A. E. M. : Les trois mesures fiscales citées précédemment concernent aussi bien les grandes entreprises, que les PME et les TPE. A titre d’exemple, l’annulation des pénalités et majorations fiscales permettrait à plusieurs petites entreprises de bénéficier de l’octroi des attestations de soumissions aux marchés publics. Il n’en reste pas moins que les TPE ont besoin d’un cadre fiscal incitatif, personnalisé, plus poussé et mieux adapté, surtout en période de démarrage, caractérisée par un taux de défaillance très important au Maroc. Ceci étant, à mon sens, le principal point d’achoppement des PME et TPE marocaines ne concerne pas la fiscalité, mais relève de la sous-capitalisation et du difficile accès aux financements.
F.N.H. : Enfin, selon vous, quels sont les leviers fiscaux à activer pour encourager le développement des entreprises marocaines qui se considèrent par ailleurs surtaxées par rapport aux sociétés issues de pays à développement similaire ?
A. E. M. : Une amélioration du niveau général de la pression fiscale au profit des entreprises marocaines passera inéluctablement par un élargissement de la base des assujettis fiscaux, tous secteurs confondus. La stratégie fiscale progressive nationale va dans ce sens : réintégration fiscale graduelle du secteur agricole, mesures incitatives pour capter le secteur informel, apport du patrimoine d’une entreprise individuelle à une société, généralisation de la télédéclaration.
Par ailleurs, la déconcentration de la pression fiscale jumelée à une meilleure répartition, suppose également une évaluation pertinente -sur les plans micro et macroéconomique-, et une révision appropriée de l’imposition des niches fiscalement exonérées, bénéficiant de dérogations, ou partiellement imposées. D’autres leviers fiscaux sont aussi à recommander. Il s’agit de la mise en place de mesures fiscales favorisant le renouvellement des investissements ainsi que celle d’un programme fiscal pluriannuel de réduction des disparités spatiales et régionales. Ces mesures seraient un bon atout pour un développement harmonieux des entreprises installées dans des zones défavorisées. ■
Propos recueillis par M. Diao
Le point de vue d’Abdellah El Fergui, président de la Confédération marocaine TPE-PME
«L’introduction de l’impôt sur les sociétés progressif est un bon signal pour l’allégement de la pression fiscale qui pèse sur les entreprises marocaines. Toutefois, en faisant le calcul de tous les impôts et taxes versés par les sociétés à l’Etat, l’on s’aperçoit que le Maroc a l’un des niveaux d’imposition les plus élevés au monde. Parfois, nous avons l’impression d’être associés au Fisc. Ce qui est d’autant plus anachronique que les TPE et PME bénéficient de très peu de soutien de la part de l’Etat.

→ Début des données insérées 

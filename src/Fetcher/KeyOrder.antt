-- ===== src/Fetcher/KeyOrder.antt =====
-- db/fetcher/fetcher.go, FetchNextDoc: active and deleted documents in one order of keys.
use defradg.Prelude.{
  ◌≡◌, refl, ap, Bytes, Bool, true, false, not, List, [], ◌∷◌, Option, some, bytes_lt,
  if◌then◌else◌, Bool-cases, inl, inr,
}
use defradg.Fetcher.{EncodedDocument}
use defradg.Fetcher.Merged.{DocumentStatus, active, deleted}

-- Whether a deleted document is before an active one.
abbrev pub earlier : Bool → Option Bytes → Option Bytes → Bool
earlier backward (some d) (some a) = if backward then bytes_lt a d else bytes_lt d a
earlier backward _ _ = false

abbrev pub with_status :
    DocumentStatus → List EncodedDocument → List (EncodedDocument × DocumentStatus)
with_status s [] = []
with_status s (d ∷ ds) = (d, s) ∷ with_status s ds

-- The merge of two lists, active documents before deleted ones of the same key.
abbrev pub merge :
    Bool → List EncodedDocument → List EncodedDocument → List (EncodedDocument × DocumentStatus)
merge backward [] ds = with_status deleted ds
merge backward (x ∷ us) [] = (x, active) ∷ merge backward us []
merge backward (x ∷ us) (y ∷ ds) =
    let first = (y, deleted) ∷ merge backward (x ∷ us) ds in
    let later = (x, active) ∷ merge backward us (y ∷ ds) in
    if earlier backward y.key x.key then first else later

-- Whether one document may be right before another: not where the other's key is first, and a deleted one
-- before an active one only where its own key is first.
abbrev pub may_precede :
    Bool → EncodedDocument × DocumentStatus → EncodedDocument × DocumentStatus → Bool
may_precede backward (x, deleted) (y, active) = earlier backward x.key y.key
may_precede backward (x, _) (y, _) = not (earlier backward y.key x.key)

abbrev pub Leads :
    Bool → EncodedDocument × DocumentStatus → List (EncodedDocument × DocumentStatus) → Type 0
Leads backward d [] = Unit
Leads backward d (e ∷ es) = may_precede backward d e ≡ true

-- Each document may be right before the next.
abbrev pub InKeyOrder : Bool → List (EncodedDocument × DocumentStatus) → Type 0
InKeyOrder backward [] = Unit
InKeyOrder backward (d ∷ ds) = Leads backward d ds × InKeyOrder backward ds

abbrev pub active_ones : List (EncodedDocument × DocumentStatus) → List EncodedDocument
active_ones [] = []
active_ones ((d, active) ∷ ds) = d ∷ active_ones ds
active_ones ((d, deleted) ∷ ds) = active_ones ds

abbrev pub deleted_ones : List (EncodedDocument × DocumentStatus) → List EncodedDocument
deleted_ones [] = []
deleted_ones ((d, active) ∷ ds) = deleted_ones ds
deleted_ones ((d, deleted) ∷ ds) = d ∷ deleted_ones ds

merge-Leads :
    (backward : Bool) (z : EncodedDocument × DocumentStatus) (us ds : List EncodedDocument)
    → Leads backward z (with_status active us)
    → Leads backward z (with_status deleted ds)
    → Leads backward z (merge backward us ds)
merge-Leads backward z [] ds h k = k
merge-Leads backward z (x ∷ us) [] h k = h
merge-Leads backward z (x ∷ us) (y ∷ ds) h k = elim (Bool-cases (earlier backward y.key x.key)) [
  | inl e ↦ rw e k
  | inr e ↦ rw e h
]

pub merge-InKeyOrder :
    (backward : Bool) (us ds : List EncodedDocument)
    → InKeyOrder backward (with_status active us)
    → InKeyOrder backward (with_status deleted ds)
    → InKeyOrder backward (merge backward us ds)
merge-InKeyOrder backward [] ds h k = k
merge-InKeyOrder backward (x ∷ us) [] h k =
    (merge-Leads backward (x, active) us [] h.0 tt, merge-InKeyOrder backward us [] h.1 k)
merge-InKeyOrder backward (x ∷ us) (y ∷ ds) h k = elim (Bool-cases (earlier backward y.key x.key)) [
  | inl e ↦ rw e (
    merge-Leads backward (y, deleted) (x ∷ us) ds e k.0,
    merge-InKeyOrder backward (x ∷ us) ds h k.1,
  )
  | inr e ↦ rw e (
    merge-Leads backward (x, active) us (y ∷ ds) h.0 (rw e refl),
    merge-InKeyOrder backward us (y ∷ ds) h.1 k,
  )
]

deleted_only :
    (ds : List EncodedDocument)
    → (active_ones (with_status deleted ds) ≡ []) × (deleted_ones (with_status deleted ds) ≡ ds)
deleted_only [] = (refl, refl)
deleted_only (d ∷ ds) = let (a, b) = deleted_only ds in (a, ap (λ l. d ∷ l) b)

-- The merge has the documents of each list, in their order.
pub merge-parts :
    (backward : Bool) (us ds : List EncodedDocument)
    → (active_ones (merge backward us ds) ≡ us) × (deleted_ones (merge backward us ds) ≡ ds)
merge-parts backward [] ds = deleted_only ds
merge-parts backward (x ∷ us) [] = let (a, b) = merge-parts backward us [] in (ap (λ l. x ∷ l) a, b)
merge-parts backward (x ∷ us) (y ∷ ds) = elim (Bool-cases (earlier backward y.key x.key)) [
  | inl e ↦ let (a, b) = merge-parts backward (x ∷ us) ds in rw e (a, ap (λ l. y ∷ l) b)
  | inr e ↦ let (a, b) = merge-parts backward us (y ∷ ds) in rw e (ap (λ l. x ∷ l) a, b)
]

Nous avons proposé au gouvernement d’intégrer dans le PLF 2018 une amnistie de 2 à 3 ans pour les paiements des arriérés des impôts et de CNSS. Au regard des derniers échanges avec le cabinet du Chef de gouvernement, nos doléances seraient à moitié satisfaites, puisque l’amnistie pourrait concerner la moitié des sommes dues. Toutefois, nous attendons de voir l’adoption définitive de la LF 2018».